Se volessimo essere estremi, potremmo affermare che l’osservazione nella sua forma empirica pura, forse non esiste; almeno se ci riferiamo ai primi tentativi di conoscenza di un sistema altamente improbabile. Dobbiamo tenere in considerazione, prima di tutto, non appena iniziamo a esplorare gli elementi fisici, legati a un sistema naturale, all’interno dell’immensa quantità di prove che l’atmosfera ci offre; le uniche a cui dovremmo dedicare la nostra attenzione sono quelle che si ritengono rilevanti per la comprensione del sistema in questione (solo queste diventano a pieno titolo osservazioni). In questa stessa prospettiva rientrano le osservazioni che si effettuano non per la propria natura osservativa (ad esempio le osservazioni tramite misure strumentali), ma sono determinate dalla necessità di ampliare la propria visione teorica e quindi selezionate all’interno di un ben definito schema esplicativo. le cosiddette “osservazioni indirette”, che convergono nella “proxy evolutiva”, si basano fondamentalmente sulla conoscenza di base di alcuni dei numerosi fenomeni fisici.
Tutto ciò che lega strettamente e correla le osservazioni attraverso il sistema in esame. Pertanto, lo schema interpretativo del “funzionamento” non può essere separato da esse. Da qui possiamo partire, preludio di non facile comprensione, verso l’analisi dello schema teorico attuale e riferibile ai fenomeni meteorologici e climatici.

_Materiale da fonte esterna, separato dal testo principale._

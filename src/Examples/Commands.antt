-- ===== src/Examples/Commands.antt =====
-- Commands of the dashboard and orders at the gate, and their theorems at them.
use short_trading_bot.Base.{ℕ, ◌≡◌, refl, ◌↔◌, ◌⊎◌, false, none, some, List, [], ◌∷◌, arith}
use short_trading_bot.Base.Int.{ℤ, pos, negsuc, ◌*ℤ◌, ◌-ℤ◌}
use short_trading_bot.Domain.Enums.{ControlState, running, holding, closed}
use short_trading_bot.Domain.Signal.{IntentKind}
use short_trading_bot.Domain.Position.{Lot}
use short_trading_bot.Risk.Control.{new_switch, pause}
use short_trading_bot.Risk.Manager.{
  RiskLimits, RiskSnapshot, check, allow, block, is_entry, daily_loss_pct,
}
use short_trading_bot.Risk.Manager.Gate.{Fits, check_iff}
use short_trading_bot.Risk.ControlFile.{
  World, unreadable, command, pausing, resuming, stopping, control_round, set_control, read_command,
  is_action,
}
use short_trading_bot.Risk.ControlFile.Delivery.{set_control_lost, set_control_overwrites}
use short_trading_bot.Examples.Lots.{fresh}

-- At most five positions, and a daily loss of at most two per cent.
abbrev limits : RiskLimits
limits = record {
  max_open_positions = some 5;
  max_order_notional = none;
  max_ticker_exposure = none;
  daily_loss_limit = none;
  daily_loss_pct = some (record { num = 2; den = 100 });
  max_drawdown_pct = none;
}

abbrev snapshot : ℤ → RiskSnapshot
snapshot pnl = record {
  equity = pos 1000;
  open_positions = 4;
  daily_pnl = pnl;
  ticker_exposure = λ _. none;
  peak_equity = none;
}

check_iff_example :
    (check limits new_switch IntentKind.enter 5930 (pos 100) (snapshot (negsuc 18)) ≡ allow) ↔ (
      (is_entry IntentKind.enter ≡ false)
      ⊎ ((◌≡◌ {A = ControlState} running running)
          × Fits limits 5930 (pos 100) (snapshot (negsuc 18))))
check_iff_example =
    check_iff limits new_switch IntentKind.enter 5930 (pos 100) (snapshot (negsuc 18))

-- A loss of 20 out of 1000 blocks an entry, one of 19 does not.
blocked :
    check limits new_switch IntentKind.enter 5930 (pos 100) (snapshot (negsuc 19))
    ≡ block daily_loss_pct
unfolding check is_entry ◌*ℤ◌ ◌-ℤ◌
blocked = refl

passed : check limits new_switch IntentKind.enter 5930 (pos 100) (snapshot (negsuc 18)) ≡ allow
unfolding check is_entry ◌*ℤ◌ ◌-ℤ◌
passed = refl

abbrev lots : List Lot
lots = record fresh { state = holding } ∷ record fresh { state = closed } ∷ []

-- an engine that has applied the third command
abbrev engine : World
engine = record { file = command 3 resuming; marker = false; control = new_switch; applied = 3 }

set_control_overwrites_example :
    (control_round (set_control pausing (set_control stopping engine))).control ≡ pause new_switch
unfolding is_action read_command
set_control_overwrites_example = set_control_overwrites stopping pausing engine refl (omega arith)

set_control_lost_example :
    let w' = control_round (set_control stopping (record engine { file = unreadable })) in
    (w'.control ≡ new_switch) × (◌≡◌ {A = ℕ} w'.applied 3)
unfolding is_action read_command
set_control_lost_example =
    set_control_lost stopping (record engine { file = unreadable }) refl refl (omega arith)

In primo luogo, tuttavia, sarà necessario chiedersi in cosa consiste questa nostra capacità di “comprendere” un determinato sistema. Come si dovrebbe interpretare il “grande libro della natura?”
Probabilmente, l’evoluzione naturale prima e quella culturale poi hanno selezionato un metodo “economico” per rappresentare, in modo sintetico, in un quadro interpretativo, tutte le informazioni di cui abbiamo conoscenza riguardo a un dato sistema.
Effettivamente sembra che le cose siano andate in questo modo. Evitando accuratamente di “penetrare” nel campo degli studi dell’apprendimento e del ragionamento umano (che possiamo tranquillamente lasciare agli studiosi delle scienze cognitive), possiamo più semplicemente limitarci a una breve analisi di come uno scienziato riesca a interpretare e, soprattutto, a sintetizzare i dati osservati, quindi filtrati ed analizzati, relativi al settore di cui si occupa.
Come già evidenziato da molti autori, oggi la nostra visione scientifica (immagine) della natura si basa su funzioni calcolabili e, di fatto, l’intelligibilità del “mondo” è dovuta alla possibilità di renderlo comprensibile in termini algoritmici.
Che significato ha tutto ciò? Da un lato, ciò dimostra che, come già sottolineato in modo incisivo da Galileo, per decifrare il grande libro della natura, la scienza utilizza un linguaggio matematico: in particolare vengono citate le funzioni di calcolo computabili, in cui una variabile dipende sempre da un’altra variabile (e occasionalmente dal tempo), dalle quali il suo valore iniziale può essere calcolato, analiticamente o tramite metodi numerici al processore.
Dall’altro lato, si lega strettamente la complessità del mondo fisico all’ipotesi che, tramite la matematica, si possano rappresentare in modo assolutamente sintetico ed economico le relazioni che intercorrono tra le diverse variabili presenti in esso. In questo modo, se abbiamo prove osservative relative a una “coppia di variabili” in un determinato sistema, sistema ordinato, una volta ricondotte a una legge fisica generale che le lega matematicamente, abbiamo un modo sintetico ed “economico”, quindi non eccessivamente strutturato, per descrivere la loro relazione e il loro legame.
Quindi, ciò dovrebbe consentirci di “prevedere” il valore di una di esse (variabili) a partire dal valore dell’altra in gioco: anche da valori che non si manifestano o non sono presenti nel sistema.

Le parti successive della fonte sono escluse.